* EXERCISE DIRECTIONS
A single figure is wanted: the count of lines below containing the string "that".
###
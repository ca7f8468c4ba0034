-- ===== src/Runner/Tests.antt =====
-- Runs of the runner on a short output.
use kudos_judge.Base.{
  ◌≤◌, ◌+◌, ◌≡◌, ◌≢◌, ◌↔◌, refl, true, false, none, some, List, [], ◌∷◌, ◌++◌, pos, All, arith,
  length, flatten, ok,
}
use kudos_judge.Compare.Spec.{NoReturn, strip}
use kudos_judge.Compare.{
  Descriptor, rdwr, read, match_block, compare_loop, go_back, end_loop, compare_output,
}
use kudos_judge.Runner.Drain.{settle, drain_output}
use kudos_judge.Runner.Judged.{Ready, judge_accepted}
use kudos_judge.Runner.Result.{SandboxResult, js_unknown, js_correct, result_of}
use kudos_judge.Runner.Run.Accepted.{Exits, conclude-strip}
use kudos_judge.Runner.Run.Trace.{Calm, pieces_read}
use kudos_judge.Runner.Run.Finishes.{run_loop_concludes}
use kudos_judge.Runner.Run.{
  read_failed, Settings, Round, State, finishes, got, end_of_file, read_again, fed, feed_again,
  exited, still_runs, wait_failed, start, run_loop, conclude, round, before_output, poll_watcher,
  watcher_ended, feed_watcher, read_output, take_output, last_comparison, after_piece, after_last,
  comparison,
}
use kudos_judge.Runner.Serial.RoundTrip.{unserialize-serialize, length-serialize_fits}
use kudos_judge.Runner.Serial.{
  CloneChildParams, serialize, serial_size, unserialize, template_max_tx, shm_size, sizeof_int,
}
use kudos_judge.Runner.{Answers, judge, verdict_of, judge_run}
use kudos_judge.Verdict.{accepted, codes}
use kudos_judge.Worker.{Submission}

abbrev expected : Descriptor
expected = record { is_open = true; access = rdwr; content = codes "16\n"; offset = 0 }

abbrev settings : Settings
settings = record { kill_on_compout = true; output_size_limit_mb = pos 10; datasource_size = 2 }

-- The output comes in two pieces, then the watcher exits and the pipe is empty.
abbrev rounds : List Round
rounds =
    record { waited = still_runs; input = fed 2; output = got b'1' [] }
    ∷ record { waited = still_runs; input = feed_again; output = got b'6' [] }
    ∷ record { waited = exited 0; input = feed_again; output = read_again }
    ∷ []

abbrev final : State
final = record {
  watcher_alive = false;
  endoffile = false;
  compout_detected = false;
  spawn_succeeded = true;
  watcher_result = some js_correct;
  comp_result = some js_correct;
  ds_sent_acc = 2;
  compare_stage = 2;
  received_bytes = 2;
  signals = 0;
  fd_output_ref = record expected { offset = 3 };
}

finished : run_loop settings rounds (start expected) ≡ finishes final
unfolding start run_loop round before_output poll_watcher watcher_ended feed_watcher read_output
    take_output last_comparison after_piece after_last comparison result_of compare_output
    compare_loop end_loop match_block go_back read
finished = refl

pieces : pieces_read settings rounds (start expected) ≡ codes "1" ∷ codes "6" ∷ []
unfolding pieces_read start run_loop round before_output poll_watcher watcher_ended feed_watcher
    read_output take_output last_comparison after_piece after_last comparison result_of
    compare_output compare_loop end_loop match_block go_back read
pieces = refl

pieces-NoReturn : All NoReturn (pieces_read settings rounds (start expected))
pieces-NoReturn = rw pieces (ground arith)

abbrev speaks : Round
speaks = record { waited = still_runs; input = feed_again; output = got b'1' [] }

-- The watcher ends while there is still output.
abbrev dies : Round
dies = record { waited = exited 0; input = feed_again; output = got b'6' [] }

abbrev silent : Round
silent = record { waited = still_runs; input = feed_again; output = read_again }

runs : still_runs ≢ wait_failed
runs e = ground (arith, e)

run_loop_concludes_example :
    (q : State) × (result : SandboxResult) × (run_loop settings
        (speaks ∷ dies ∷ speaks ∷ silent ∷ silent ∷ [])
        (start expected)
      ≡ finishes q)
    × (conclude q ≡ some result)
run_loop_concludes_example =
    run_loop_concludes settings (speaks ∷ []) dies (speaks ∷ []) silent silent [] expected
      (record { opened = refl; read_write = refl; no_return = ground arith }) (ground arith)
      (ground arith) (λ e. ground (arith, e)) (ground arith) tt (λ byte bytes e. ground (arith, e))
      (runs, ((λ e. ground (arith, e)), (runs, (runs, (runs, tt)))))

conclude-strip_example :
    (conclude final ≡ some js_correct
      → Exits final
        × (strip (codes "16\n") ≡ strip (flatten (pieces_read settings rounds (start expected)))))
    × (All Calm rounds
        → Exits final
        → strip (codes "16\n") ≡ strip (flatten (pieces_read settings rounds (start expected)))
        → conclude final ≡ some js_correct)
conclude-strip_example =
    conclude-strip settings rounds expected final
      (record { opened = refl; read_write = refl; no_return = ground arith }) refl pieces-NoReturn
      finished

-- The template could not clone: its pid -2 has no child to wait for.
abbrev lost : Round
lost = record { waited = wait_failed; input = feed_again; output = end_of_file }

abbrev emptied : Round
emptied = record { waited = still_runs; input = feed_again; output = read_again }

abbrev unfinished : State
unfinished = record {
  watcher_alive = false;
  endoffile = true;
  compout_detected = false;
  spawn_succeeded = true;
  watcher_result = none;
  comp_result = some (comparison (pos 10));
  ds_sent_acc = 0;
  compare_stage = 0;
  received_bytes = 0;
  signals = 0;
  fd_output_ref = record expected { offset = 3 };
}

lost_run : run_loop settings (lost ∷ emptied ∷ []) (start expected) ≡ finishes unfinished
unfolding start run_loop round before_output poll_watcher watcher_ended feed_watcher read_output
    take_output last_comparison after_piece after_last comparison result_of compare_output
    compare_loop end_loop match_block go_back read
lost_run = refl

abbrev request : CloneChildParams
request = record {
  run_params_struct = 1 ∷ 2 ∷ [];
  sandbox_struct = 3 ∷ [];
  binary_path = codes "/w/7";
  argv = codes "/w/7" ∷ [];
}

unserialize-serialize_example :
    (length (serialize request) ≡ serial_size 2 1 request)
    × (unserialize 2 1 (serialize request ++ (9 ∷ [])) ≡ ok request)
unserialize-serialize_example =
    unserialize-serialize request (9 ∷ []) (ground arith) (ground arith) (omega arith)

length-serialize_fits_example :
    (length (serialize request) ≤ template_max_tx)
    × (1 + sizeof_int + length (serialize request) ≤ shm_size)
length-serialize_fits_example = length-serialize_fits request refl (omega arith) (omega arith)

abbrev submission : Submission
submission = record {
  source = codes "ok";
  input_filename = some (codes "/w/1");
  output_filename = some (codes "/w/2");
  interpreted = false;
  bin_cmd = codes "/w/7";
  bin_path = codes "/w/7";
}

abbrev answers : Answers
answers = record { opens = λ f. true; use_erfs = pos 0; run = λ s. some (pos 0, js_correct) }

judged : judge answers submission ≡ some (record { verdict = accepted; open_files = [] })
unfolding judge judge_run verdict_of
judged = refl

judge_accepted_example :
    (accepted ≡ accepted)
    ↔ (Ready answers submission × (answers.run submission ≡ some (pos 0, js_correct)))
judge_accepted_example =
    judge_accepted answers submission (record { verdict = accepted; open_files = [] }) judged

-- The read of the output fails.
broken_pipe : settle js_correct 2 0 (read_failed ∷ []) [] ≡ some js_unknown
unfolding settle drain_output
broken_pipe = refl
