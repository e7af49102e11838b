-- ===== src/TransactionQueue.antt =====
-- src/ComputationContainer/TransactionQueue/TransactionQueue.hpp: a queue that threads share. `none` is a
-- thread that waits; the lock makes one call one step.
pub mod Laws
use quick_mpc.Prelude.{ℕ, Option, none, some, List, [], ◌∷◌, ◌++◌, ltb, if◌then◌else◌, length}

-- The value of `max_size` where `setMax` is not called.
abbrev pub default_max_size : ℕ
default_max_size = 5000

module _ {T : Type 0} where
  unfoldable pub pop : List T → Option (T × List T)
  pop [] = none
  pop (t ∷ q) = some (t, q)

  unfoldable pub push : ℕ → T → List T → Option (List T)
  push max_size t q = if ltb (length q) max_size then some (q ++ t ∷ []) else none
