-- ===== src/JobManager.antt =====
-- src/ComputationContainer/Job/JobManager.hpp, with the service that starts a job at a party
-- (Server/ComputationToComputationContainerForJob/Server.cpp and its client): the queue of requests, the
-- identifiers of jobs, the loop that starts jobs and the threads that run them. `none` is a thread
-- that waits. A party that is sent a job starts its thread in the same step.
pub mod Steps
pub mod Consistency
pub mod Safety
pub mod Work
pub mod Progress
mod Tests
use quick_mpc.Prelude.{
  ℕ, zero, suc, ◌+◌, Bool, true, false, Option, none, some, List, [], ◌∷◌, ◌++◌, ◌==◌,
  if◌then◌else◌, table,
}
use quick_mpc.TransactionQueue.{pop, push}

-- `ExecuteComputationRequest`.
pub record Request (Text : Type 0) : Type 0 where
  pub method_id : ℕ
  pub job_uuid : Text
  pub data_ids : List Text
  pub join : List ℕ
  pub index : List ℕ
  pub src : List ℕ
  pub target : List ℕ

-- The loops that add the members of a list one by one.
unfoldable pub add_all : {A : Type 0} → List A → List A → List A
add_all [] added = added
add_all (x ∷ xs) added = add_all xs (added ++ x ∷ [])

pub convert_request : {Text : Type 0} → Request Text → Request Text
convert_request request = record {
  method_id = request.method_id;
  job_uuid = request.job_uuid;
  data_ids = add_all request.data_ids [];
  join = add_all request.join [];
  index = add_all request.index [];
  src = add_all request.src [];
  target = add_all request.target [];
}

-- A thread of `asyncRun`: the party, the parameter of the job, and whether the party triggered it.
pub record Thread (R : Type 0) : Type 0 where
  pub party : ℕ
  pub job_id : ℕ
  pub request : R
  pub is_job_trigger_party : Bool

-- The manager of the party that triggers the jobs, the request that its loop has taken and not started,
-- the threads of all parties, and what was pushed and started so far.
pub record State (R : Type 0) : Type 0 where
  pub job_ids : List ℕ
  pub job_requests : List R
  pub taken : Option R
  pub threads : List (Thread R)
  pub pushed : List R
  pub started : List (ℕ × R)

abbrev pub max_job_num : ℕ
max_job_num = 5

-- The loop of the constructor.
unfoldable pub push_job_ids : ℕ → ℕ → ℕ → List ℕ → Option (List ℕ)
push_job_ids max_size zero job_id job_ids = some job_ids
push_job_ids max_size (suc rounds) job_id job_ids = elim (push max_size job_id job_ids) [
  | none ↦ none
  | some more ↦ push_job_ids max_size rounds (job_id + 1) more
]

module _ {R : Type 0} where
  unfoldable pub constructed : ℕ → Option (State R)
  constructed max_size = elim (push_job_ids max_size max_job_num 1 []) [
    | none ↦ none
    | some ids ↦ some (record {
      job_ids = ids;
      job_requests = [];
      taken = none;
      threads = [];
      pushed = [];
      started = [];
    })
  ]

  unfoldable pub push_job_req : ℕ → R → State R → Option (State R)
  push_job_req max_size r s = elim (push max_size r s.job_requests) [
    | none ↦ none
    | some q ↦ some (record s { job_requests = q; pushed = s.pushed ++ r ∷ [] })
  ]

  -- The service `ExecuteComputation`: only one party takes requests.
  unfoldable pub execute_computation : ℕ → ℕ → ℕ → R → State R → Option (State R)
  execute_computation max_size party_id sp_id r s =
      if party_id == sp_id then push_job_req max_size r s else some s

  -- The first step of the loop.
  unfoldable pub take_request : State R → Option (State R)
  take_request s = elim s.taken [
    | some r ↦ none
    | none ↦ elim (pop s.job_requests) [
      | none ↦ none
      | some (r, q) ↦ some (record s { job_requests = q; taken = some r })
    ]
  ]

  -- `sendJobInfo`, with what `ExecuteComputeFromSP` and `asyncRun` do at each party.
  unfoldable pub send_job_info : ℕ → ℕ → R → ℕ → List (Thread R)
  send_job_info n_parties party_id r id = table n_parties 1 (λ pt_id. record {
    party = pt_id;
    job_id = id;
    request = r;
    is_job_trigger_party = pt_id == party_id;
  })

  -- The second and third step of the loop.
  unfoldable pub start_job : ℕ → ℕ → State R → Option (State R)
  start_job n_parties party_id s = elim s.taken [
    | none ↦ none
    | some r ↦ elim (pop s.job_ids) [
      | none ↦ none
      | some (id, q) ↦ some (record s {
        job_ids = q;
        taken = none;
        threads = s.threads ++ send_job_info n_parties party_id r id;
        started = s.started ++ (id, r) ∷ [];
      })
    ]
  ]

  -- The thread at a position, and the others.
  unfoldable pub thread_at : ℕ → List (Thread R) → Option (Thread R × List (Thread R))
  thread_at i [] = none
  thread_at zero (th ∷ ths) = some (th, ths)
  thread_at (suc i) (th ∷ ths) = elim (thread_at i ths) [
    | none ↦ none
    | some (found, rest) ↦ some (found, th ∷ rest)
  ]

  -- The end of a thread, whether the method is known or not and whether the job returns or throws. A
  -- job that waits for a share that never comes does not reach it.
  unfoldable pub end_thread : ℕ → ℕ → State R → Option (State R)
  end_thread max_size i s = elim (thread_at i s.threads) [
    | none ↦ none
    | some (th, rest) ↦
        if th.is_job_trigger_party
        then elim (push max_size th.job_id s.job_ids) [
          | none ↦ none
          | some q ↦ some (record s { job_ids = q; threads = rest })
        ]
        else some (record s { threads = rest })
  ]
###
* FINISHED EXERCISE
8